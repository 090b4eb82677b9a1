-- ===== src/Smr/Workload.antt =====
-- `mod workload` of rust/smr-collections/common/src/book.rs: the derived orders.
pub mod Placement
use hi_perf_cmp.Prelude.{ℕ, ◌+◌, ◌*◌, ◌/◌, ◌%◌, ◌^◌, ◌==◌, if◌then◌else◌}
use hi_perf_cmp.Prelude.Run.{ok, panic, Cmd, pure, ◌>>=◌}
use hi_perf_cmp.Prelude.Word.{add64}
use hi_perf_cmp.Smr.Rng

pub record Insert : Type 0 where
  pub order_id : ℕ  -- i64
  pub price : ℕ  -- i64
  pub qty : ℕ  -- i64
  pub side : ℕ  -- u8

pub record Update : Type 0 where
  pub order_id : ℕ  -- i64
  pub fill_qty : ℕ  -- i64

-- One draw from the generator, whose state is the state of the command.
unfoldable pub draw : Cmd ℕ ℕ
draw s = let (v, s') = Rng.next s in ok v s'

-- `%` by zero panics.
abbrev pub checked_mod : ℕ → ℕ → Cmd ℕ ℕ
checked_mod a b = if b == 0 then (λ _. panic) else pure (a % b)

-- The order that two draws stand for.
unfoldable pub insert_at : (r1 r2 t i tick price_min : ℕ) → Insert
insert_at r1 r2 t i tick price_min = record {
  order_id = add64 i 1;
  price = add64 price_min (t * tick % 2 ^ 64);
  qty = 1 + r2 % 1000;
  side = r1 / 2 ^ 32 % 2;
}

unfoldable pub next_insert : (i n_levels tick price_min : ℕ) → Cmd ℕ Insert
next_insert i n_levels tick price_min = do
  r1 ← draw
  r2 ← draw
  t ← checked_mod r1 n_levels
  pure (insert_at r1 r2 t i tick price_min)

unfoldable pub next_update : ℕ → Cmd ℕ Update
next_update n = do
  u ← draw
  k ← checked_mod u n
  pure (record { order_id = add64 k 1; fill_qty = 1 + u / 2 ^ 32 % 100 })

(WHAT TO PRODUCE):
Set down the lines of the records exactly, from the first one through the line containing "by zero panics.", and add nothing else.

(WRITTEN ANSWER):
repository 090b4eb82677b9a1
-- ===== src/Smr/Workload.antt =====
-- `mod workload` of rust/smr-collections/common/src/book.rs: the derived orders.
pub mod Placement
use hi_perf_cmp.Prelude.{ℕ, ◌+◌, ◌*◌, ◌/◌, ◌%◌, ◌^◌, ◌==◌, if◌then◌else◌}
use hi_perf_cmp.Prelude.Run.{ok, panic, Cmd, pure, ◌>>=◌}
use hi_perf_cmp.Prelude.Word.{add64}
use hi_perf_cmp.Smr.Rng

pub record Insert : Type 0 where
  pub order_id : ℕ  -- i64
  pub price : ℕ  -- i64
  pub qty : ℕ  -- i64
  pub side : ℕ  -- u8

pub record Update : Type 0 where
  pub order_id : ℕ  -- i64
  pub fill_qty : ℕ  -- i64

-- One draw from the generator, whose state is the state of the command.
unfoldable pub draw : Cmd ℕ ℕ
draw s = let (v, s') = Rng.next s in ok v s'

-- `%` by zero panics.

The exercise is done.